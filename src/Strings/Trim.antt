-- ===== src/Strings/Trim.antt =====
-- What `trim` of Strings.antt keeps and drops.
use parch_testbench.Prelude.{
  ◌≢◌, refl, ap, ◌++◌, ℕ, ◌≡◌, refl, false, Bool-cases, [], ◌∷◌, Text, All, inl, inr,
}
use parch_testbench.Strings.{is_whitespace, trim_start, trim_end, push_kept, trim}

module _ {κ} (P : ℕ → Type κ) where
  All-trim_start : (s : Text) → All P s → All P (trim_start s)
  unfolding trim_start
  All-trim_start [] h = tt
  All-trim_start (x ∷ s) h = elim (Bool-cases (is_whitespace x)) [
    | inl e ↦ rw e (All-trim_start s h.1)
    | inr e ↦ rw e h
  ]

  All-push_kept : (x : ℕ) (s : Text) → P x → All P s → All P (push_kept x s)
  All-push_kept x [] hx h = elim (Bool-cases (is_whitespace x)) [
    | inl e ↦ rw e tt
    | inr e ↦ rw e (hx, tt)
  ]
  All-push_kept x (y ∷ s) hx h = (hx, h)

  All-trim_end : (s : Text) → All P s → All P (trim_end s)
  unfolding trim_end
  All-trim_end [] h = tt
  All-trim_end (x ∷ s) h = All-push_kept x (trim_end s) h.0 (All-trim_end s h.1)

  -- Trimming brings in no character.
  pub All-trim : (s : Text) → All P s → All P (trim s)
  unfolding trim
  All-trim s h = unfold trim in All-trim_end (trim_start s) (All-trim_start s h)

pub push_kept_visible : (x : ℕ) (s : Text) → is_whitespace x ≡ false → push_kept x s ≡ x ∷ s
push_kept_visible x [] h = rw h
push_kept_visible x (y ∷ s) h = refl

-- A visible character in front stays in front.
pub trim_visible : (x : ℕ) (s : Text) → is_whitespace x ≡ false → trim (x ∷ s) ≡ x ∷ trim_end s
unfolding trim_start trim_end trim
trim_visible x s h = rw h (push_kept_visible x (trim_end s) h)

-- A text ends visibly if nothing is trimmed from its end.
pub trim_end-append : (s t : Text) → trim_end t ≡ t → t ≢ [] → trim_end (s ++ t) ≡ s ++ t
unfolding trim_end
trim_end-append [] t h n = h
trim_end-append (x ∷ s) t h n =
    rw (trim_end-append s t h n) (push_kept-ne_nil x (s ++ t) (append-ne_nil s t n))
  where
    append-ne_nil : (s t : Text) → t ≢ [] → s ++ t ≢ []
    append-ne_nil [] t n = n
    append-ne_nil (y ∷ s) t n = λ e. cc

    push_kept-ne_nil : (x : ℕ) (s : Text) → s ≢ [] → push_kept x s ≡ x ∷ s
    push_kept-ne_nil x [] n = absurd (n refl)
    push_kept-ne_nil x (y ∷ s) n = refl

pub trim_end_space : (s : Text) → trim_end (s ++ b' ' ∷ []) ≡ trim_end s
unfolding trim_end is_whitespace
trim_end_space [] = refl
trim_end_space (x ∷ s) = ap (push_kept x) (trim_end_space s)

pub trim_end_visible : (s : Text) → All (λ c. is_whitespace c ≡ false) s → trim_end s ≡ s
unfolding trim_end
trim_end_visible [] h = refl
trim_end_visible (x ∷ s) h = rw (trim_end_visible s h.1) (push_kept_visible x s h.0)

pub trim_space : (s : Text) → trim (b' ' ∷ s) ≡ trim s
unfolding trim trim_start is_whitespace
trim_space s = refl
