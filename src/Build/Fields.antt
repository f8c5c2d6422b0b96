-- ===== src/Build/Fields.antt =====
-- The padded fields of a line that usrlib_rust/build.rs writes.
use parch_testbench.Prelude.{
  ℕ, zero, suc, ◌≡◌, ◌≢◌, ◌∙◌, refl, sym, ap, true, false, [], ◌∷◌, ◌++◌, append-nil, Text, All,
  Lacks, replicate, arith,
}
use parch_testbench.Strings.{is_whitespace, trim, trim_start, trim_end}
use parch_testbench.Strings.Trim.{trim_space, push_kept_visible}
use parch_testbench.Build.{upper, to_ascii_uppercase}

-- Neither white space nor the sign.
abbrev pub IsToken : ℕ → Text → Type 0
IsToken sign = All (λ c. (is_whitespace c ≡ false) × (c ≢ sign))

module _ (sign : ℕ) where
  pub IsToken-Lacks : (w : Text) → IsToken sign w → Lacks sign w
  IsToken-Lacks [] h = tt
  IsToken-Lacks (x ∷ w) h = (h.0.1, IsToken-Lacks w h.1)

  pub IsToken-visible : (w : Text) → IsToken sign w → All (λ c. is_whitespace c ≡ false) w
  IsToken-visible [] h = tt
  IsToken-visible (x ∷ w) h = (h.0.0, IsToken-visible w h.1)

pub upper_visible : (c : ℕ) → is_whitespace c ≡ false → is_whitespace (upper c) ≡ false
unfolding is_whitespace
upper_visible c h = ground arith

pub upper-IsToken : (w : Text) → IsToken b':' w → IsToken b':' (to_ascii_uppercase w)
upper-IsToken [] h = tt
upper-IsToken (x ∷ w) h = ((upper_visible x h.0.0, ground (arith, h.0.1)), upper-IsToken w h.1)

pub trim_end_spaces : (k : ℕ) → trim_end (replicate k b' ') ≡ []
unfolding trim_end is_whitespace
trim_end_spaces zero = refl
trim_end_spaces (suc k) = rw (trim_end_spaces k) refl

pub trim_start_spaces : (k : ℕ) → trim_start (replicate k b' ') ≡ []
unfolding trim_start is_whitespace
trim_start_spaces zero = refl
trim_start_spaces (suc k) = trim_start_spaces k

pub trim_end_padded :
    (k : ℕ) (w : Text) → All (λ c. is_whitespace c ≡ false) w → trim_end (w ++ replicate k b' ') ≡ w
unfolding trim_end
trim_end_padded k [] h = trim_end_spaces k
trim_end_padded k (x ∷ w) h = rw (trim_end_padded k w h.1) (push_kept_visible x w h.0)

pub trim_right :
    (k : ℕ) (w : Text) → All (λ c. is_whitespace c ≡ false) w → trim (w ++ replicate k b' ') ≡ w
unfolding trim
trim_right k [] h = rw (trim_start_spaces k) (unfold trim_end in refl)
trim_right k (x ∷ w) h = unfold trim_start in rw h.0 (trim_end_padded k (x ∷ w) h)

pub trim_left :
    (k : ℕ) (w : Text) → All (λ c. is_whitespace c ≡ false) w → trim (replicate k b' ' ++ w) ≡ w
trim_left zero w h = ap trim (sym (append-nil w)) ∙ trim_right 0 w h
trim_left (suc k) w h = trim_space (replicate k b' ' ++ w) ∙ trim_left k w h

pub Lacks-spaces : (c k : ℕ) → c ≢ b' ' → Lacks c (replicate k b' ')
Lacks-spaces c zero h = tt
Lacks-spaces c (suc k) h = (λ e. h (sym e), Lacks-spaces c k h)

pub visible-Lacks : (w : Text) → All (λ c. is_whitespace c ≡ false) w → Lacks b'\n' w
unfolding is_whitespace
visible-Lacks [] h = tt
visible-Lacks (x ∷ w) h = ((λ e. let no : true ≡ false = rw e at h.0 in cc no), visible-Lacks w h.1)
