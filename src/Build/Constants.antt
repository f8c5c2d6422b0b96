-- ===== src/Build/Constants.antt =====
-- The file that usrlib_rust/build.rs writes, against a reader of such constants.
use parch_testbench.Prelude.{
  ℕ, ◌-◌, ◌≡◌, ◌∙◌, refl, sym, ap, true, false, Option, none, some, List, [], ◌∷◌, ◌++◌,
  append_assoc, append-nil, map, Text, codes, All, All-append, Lacks, length, take, drop,
  take-append, drop-append, replicate, arith,
}
use parch_testbench.Strings.{find, strip_prefix, is_whitespace, trim, split, non_empty}
use parch_testbench.Strings.Positions.{find-append}
use parch_testbench.Strings.Split.{split-append}
use parch_testbench.Strings.Trim.{trim_space}
use parch_testbench.Build.Fields.{
  IsToken-Lacks, IsToken-visible, upper-IsToken, trim_right, trim_left, Lacks-spaces, visible-Lacks,
  IsToken,
}
use parch_testbench.Build.{
  Row, row, built, constant_line, to_ascii_uppercase, pad_left, pad_right, write_rows,
  update_syscall_number,
}

-- Reads `pub const SYSCALL_<name>: usize = <number>;`, with spaces around the name and the number.
abbrev value_at : Text → Text → Option ℕ → Option (Text × Text)
value_at name s none = none
value_at name s (some n) = some (name, trim (take n s))

abbrev value_of : Text → Option Text → Option (Text × Text)
value_of name none = none
value_of name (some s) = value_at name s (find b';' s)

abbrev name_at : Text → Option ℕ → Option (Text × Text)
name_at s none = none
name_at s (some n) = value_of (trim (take n s)) (strip_prefix (codes ": usize =") (drop n s))

abbrev name_of : Option Text → Option (Text × Text)
name_of none = none
name_of (some s) = name_at s (find b':' s)

unfoldable pub read_constant : Text → Option (Text × Text)
read_constant s = name_of (strip_prefix (codes "pub const SYSCALL_") s)

-- The constants of a file, one to a line.
unfoldable pub read_constants : Text → List (Option (Text × Text))
read_constants file = map read_constant (non_empty (split b'\n' file))

-- The line without its end.
abbrev line_body : Text → Text → Text
line_body name number =
    codes "pub const SYSCALL_"
    ++ (pad_right 10 (to_ascii_uppercase name)
        ++ (codes ": usize = " ++ (pad_left 3 number ++ codes ";")))

constant_line_lem :
    (name number : Text) → constant_line name number ≡ line_body name number ++ b'\n' ∷ []
unfolding constant_line
constant_line_lem name number = simp append_assoc

abbrev value_rest : Text → Text
value_rest number = codes " usize = " ++ (pad_left 3 number ++ codes ";")

read_value :
    (name number : Text)
    → IsToken b';' number
    → value_of name (strip_prefix (codes ": usize =") (b':' ∷ value_rest number))
      ≡ some (name, number)
unfolding strip_prefix
read_value name number h =
    let spaces : Text = replicate (3 - length number) b' ' in
    let front : Text = b' ' ∷ (spaces ++ number) in
    let none_in : Lacks b';' front =
      All-append _ (b' ' ∷ spaces) number ((omega arith), Lacks-spaces b';' _ (omega arith))
        (IsToken-Lacks b';' number h) in
    rw (find-append b';' front [] none_in, take-append front (b';' ∷ []))
      (ap (λ t. some (name, t))
        (trim_space (spaces ++ number) ∙ trim_left _ number (IsToken-visible b';' number h)))

read_line :
    (name number : Text)
    → IsToken b':' name
    → IsToken b';' number
    → read_constant (line_body name number) ≡ some (to_ascii_uppercase name, number)
unfolding read_constant strip_prefix
read_line name number hn hv =
    let big : Text = to_ascii_uppercase name in
    let token : IsToken b':' big = upper-IsToken name hn in
    let front : Text = pad_right 10 big in
    let none_in : Lacks b':' front =
      All-append _ big _ (IsToken-Lacks b':' big token) (Lacks-spaces b':' _ (omega arith)) in
    rw
      (
        find-append b':' front (value_rest number) none_in,
        take-append front (b':' ∷ value_rest number),
        drop-append front (b':' ∷ value_rest number),
        trim_right (10 - length big) big (IsToken-visible b':' big token),
      )
      (read_value big number hv)

body-Lacks :
    (name number : Text)
    → IsToken b':' name
    → IsToken b';' number
    → Lacks b'\n' (line_body name number)
body-Lacks name number hn hv =
    let big : Text = to_ascii_uppercase name in
    let clear : (w : Text) → All (λ c. is_whitespace c ≡ false) w → Lacks b'\n' w = visible-Lacks in
    let in_name : Lacks b'\n' (pad_right 10 big) =
      All-append _ big _ (clear big (IsToken-visible b':' big (upper-IsToken name hn)))
        (Lacks-spaces b'\n' _ (omega arith)) in
    let in_number : Lacks b'\n' (pad_left 3 number) =
      All-append _ (replicate (3 - length number) b' ') number (Lacks-spaces b'\n' _ (omega arith))
        (clear number (IsToken-visible b';' number hv)) in
    All-append _ (codes "pub const SYSCALL_") _ (omega arith) (
      All-append _ (pad_right 10 big) _ in_name (
        All-append _ (codes ": usize = ") _ (omega arith)
          (All-append _ (pad_left 3 number) (codes ";") in_number (omega arith))))

-- A table of names and numbers as the rows of syscall_num.csv, and as a file.
abbrev pub table_rows : List (Text × Text) → List Row
table_rows [] = []
table_rows ((name, number) ∷ table) = row (name ∷ number ∷ []) ∷ table_rows table

abbrev pub table_file : List (Text × Text) → Text
table_file [] = []
table_file ((name, number) ∷ table) = constant_line name number ++ table_file table

abbrev pub table_constants : List (Text × Text) → List (Option (Text × Text))
table_constants [] = []
table_constants ((name, number) ∷ table) =
    some (to_ascii_uppercase name, number) ∷ table_constants table

abbrev pub IsEntry : Text × Text → Type 0
IsEntry e = IsToken b':' e.0 × IsToken b';' e.1

write_rows_lem :
    (fo : Text) (table : List (Text × Text))
    → write_rows fo (table_rows table) ≡ built (fo ++ table_file table)
unfolding write_rows
write_rows_lem fo [] = ap built (sym (append-nil fo))
write_rows_lem fo ((name, number) ∷ table) =
    write_rows_lem (fo ++ constant_line name number) table
    ∙ ap built (append_assoc fo (constant_line name number) (table_file table))

keep_line :
    (name number : Text) (rest : List Text)
    → non_empty (line_body name number ∷ rest) ≡ line_body name number ∷ non_empty rest
unfolding non_empty
keep_line name number rest = refl

read_file :
    (table : List (Text × Text))
    → All IsEntry table
    → read_constants (table_file table) ≡ table_constants table
unfolding read_constants
read_file [] h = unfold split non_empty in refl
read_file ((name, number) ∷ table) h =
    let line : Text = line_body name number in
    rw
      (
        constant_line_lem name number,
        append_assoc line (b'\n' ∷ []) (table_file table),
        split-append b'\n' line (table_file table) (body-Lacks name number h.0.0 h.0.1),
        keep_line name number (split b'\n' (table_file table)),
        read_line name number h.0.0 h.0.1,
      )
      (ap (λ l. some (to_ascii_uppercase name, number) ∷ l) (read_file table h.1))

-- For a table of names without white space and `:` and numbers without white space and `;`, the script
-- writes a file from which the constants are read back: one for each row of the table, in order, the
-- name in upper case, whatever the file held before.
pub update_syscall_number_reads :
    (old : Text) (table : List (Text × Text))
    → All IsEntry table
    → (file : Text) × (update_syscall_number (some (table_rows table)) true old ≡ built file)
      × (read_constants file ≡ table_constants table)
unfolding update_syscall_number
update_syscall_number_reads old table h =
    (table_file table, write_rows_lem [] table, read_file table h)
━━━━
**Problem details**
Above are the records; copy every line in them that holds the word "ground".

**Answer box**
upper_visible c h = ground arith
upper-IsToken (x ∷ w) h = ((upper_visible x h.0.0, ground (arith, h.0.1)), upper-IsToken w h.1)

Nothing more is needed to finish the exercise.